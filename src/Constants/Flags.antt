-- ===== src/Constants/Flags.antt =====
-- The module `flags` of src/dns/constants.rs.
use nu_plugin_dns.Prelude.{String}

abbrev pub dns_name : String
dns_name = "dns-name"

abbrev pub name : String
name = "name"

abbrev pub server : String
server = "server"

abbrev pub protocol : String
protocol = "protocol"

abbrev pub type : String
type = "type"

abbrev pub class : String
class = "class"

abbrev pub dnssec : String
dnssec = "dnssec"

abbrev pub code : String
code = "code"

abbrev pub tasks : String
tasks = "tasks"

abbrev pub timeout : String
timeout = "timeout"
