-- ===== src/Config/FromValues.antt =====
-- `Config::from_values` and the three ways to call it, of src/dns/config.rs. The closure that gives
-- a flag's value may change what it captured: it is a function with its state.
use nu_plugin_dns.Prelude.{String, [], Option, none, some, Bool, true, if◌then◌else◌}
use nu_plugin_dns.Prelude.{ok, ◌>>=◌, ◌⊎◌, inl, inr}
use nu_plugin_dns.Prelude.Outcome.{Res}
use nu_plugin_dns.Nu.{Value, to_columns, Span, LabeledError, bool_value}
use nu_plugin_dns.Nu.Protocol.{NuProtocol}
use nu_plugin_dns.Constants.Flags
use nu_plugin_dns.Hickory.{Hickory}
use nu_plugin_dns.Config.{Config}
use nu_plugin_dns.Config.Settings.{
  System, needs_dns_name, protocol_setting, dns_name_setting, server_setting, check_dns_name,
  types_setting, class_setting, code_setting, dnssec_setting, tasks_setting, timeout_setting,
}

-- The command line as Nushell evaluated it: whether a switch is given, or the error of asking, and
-- a flag's value.
pub record EvaluatedCall : Type 0 where
  pub has_flag : String → String ⊎ Bool
  pub get_flag_value : String → Option Value

module _ (H : Hickory) (N : NuProtocol) where
  module _ {S : Type 0} (sys : System) (get_value : S → String → Option Value × S) where
    -- The flags are asked for in this order, each once; the first error ends it.
    unfoldable pub from_values : S → Res LabeledError (Config H)
    from_values s₀ = do
      let (asked, s₁) = get_value s₀ Flags.protocol
      protocol ← protocol_setting H N asked
      let needed = needs_dns_name protocol
      let (asked, s₂) = get_value s₁ Flags.dns_name
      dns_name ← dns_name_setting H N needed asked
      let (asked, s₃) = get_value s₂ Flags.server
      (addr, protocol) ← server_setting H N sys protocol asked
      _ ← check_dns_name H N needed dns_name protocol.span
      let (asked, s₄) = get_value s₃ Flags.type
      qtypes ← types_setting H N asked
      let (asked, s₅) = get_value s₄ Flags.class
      class ← class_setting H N asked
      let (asked, s₆) = get_value s₅ Flags.code
      let code = code_setting H N asked
      let (asked, s₇) = get_value s₆ Flags.dnssec
      dnssec_mode ← dnssec_setting H N asked
      let (asked, s₈) = get_value s₇ Flags.tasks
      tasks ← tasks_setting H N sys asked
      let (asked, s₉) = get_value s₈ Flags.timeout
      timeout ← timeout_setting H N sys asked
      ok (record {
        protocol = protocol;
        server = addr;
        qtypes = qtypes;
        class = class;
        code = code;
        dnssec_mode = dnssec_mode;
        dns_name = dns_name;
        tasks = tasks;
        timeout = timeout;
      })

  module _ (sys : System) where
    -- `Config::try_from(value)`: each column is taken out of the record as it is read.
    unfoldable pub try_from_value : Value → Res LabeledError (Config H)
    try_from_value value = N.into_record value >>= from_values sys N.remove

    -- `Config::try_from(call)`
    unfoldable pub try_from_call : EvaluatedCall → Res LabeledError (Config H)
    try_from_call call = from_values sys (λ s name. (call.get_flag_value name, s)) tt

    -- A switch that is given with no value counts as true.
    unfoldable pub call_value : EvaluatedCall → String → Option Value
    call_value call name = elim (call.get_flag_value name) [
      | some val ↦ some val
      | none ↦ elim (call.has_flag name) [
        | inr given ↦ if given then some (bool_value true) else none
        | inl _ ↦ none
      ]
    ]

    -- A value of the command line goes before one of the plugin's configuration.
    unfoldable pub choose : Option Value → Option Value → Option Value
    choose cfg_val (some call_val) = some call_val
    choose cfg_val none = cfg_val

    unfoldable pub nu_value : Option Value → EvaluatedCall → String → Option Value
    unfolding call_value choose
    nu_value plugin_config call name =
        choose
          (N.get_data_by_key
            (elim plugin_config [ none ↦ Value.rec (to_columns []) Span.unknown | some cfg ↦ cfg ])
            name)
          (call_value call name)

    unfoldable pub from_nu : Option Value → EvaluatedCall → Res LabeledError (Config H)
    from_nu plugin_config call =
        from_values sys (λ s name. (nu_value plugin_config call name, s)) tt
#####
**Exercise details:** Among the entries above, find the line with "let needed = needs_dns_name protocol" and the line with "code = code;"; give again exactly these two lines and all lines between them.

**Task result:**
      let needed = needs_dns_name protocol
      let (asked, s₂) = get_value s₁ Flags.dns_name
      dns_name ← dns_name_setting H N needed asked
      let (asked, s₃) = get_value s₂ Flags.server
      (addr, protocol) ← server_setting H N sys protocol asked
      _ ← check_dns_name H N needed dns_name protocol.span
      let (asked, s₄) = get_value s₃ Flags.type
      qtypes ← types_setting H N asked
      let (asked, s₅) = get_value s₄ Flags.class
      class ← class_setting H N asked
      let (asked, s₆) = get_value s₅ Flags.code
      let code = code_setting H N asked
      let (asked, s₇) = get_value s₆ Flags.dnssec
      dnssec_mode ← dnssec_setting H N asked
      let (asked, s₈) = get_value s₇ Flags.tasks
      tasks ← tasks_setting H N sys asked
      let (asked, s₉) = get_value s₈ Flags.timeout
      timeout ← timeout_setting H N sys asked
      ok (record {
        protocol = protocol;
        server = addr;
        qtypes = qtypes;
        class = class;
        code = code;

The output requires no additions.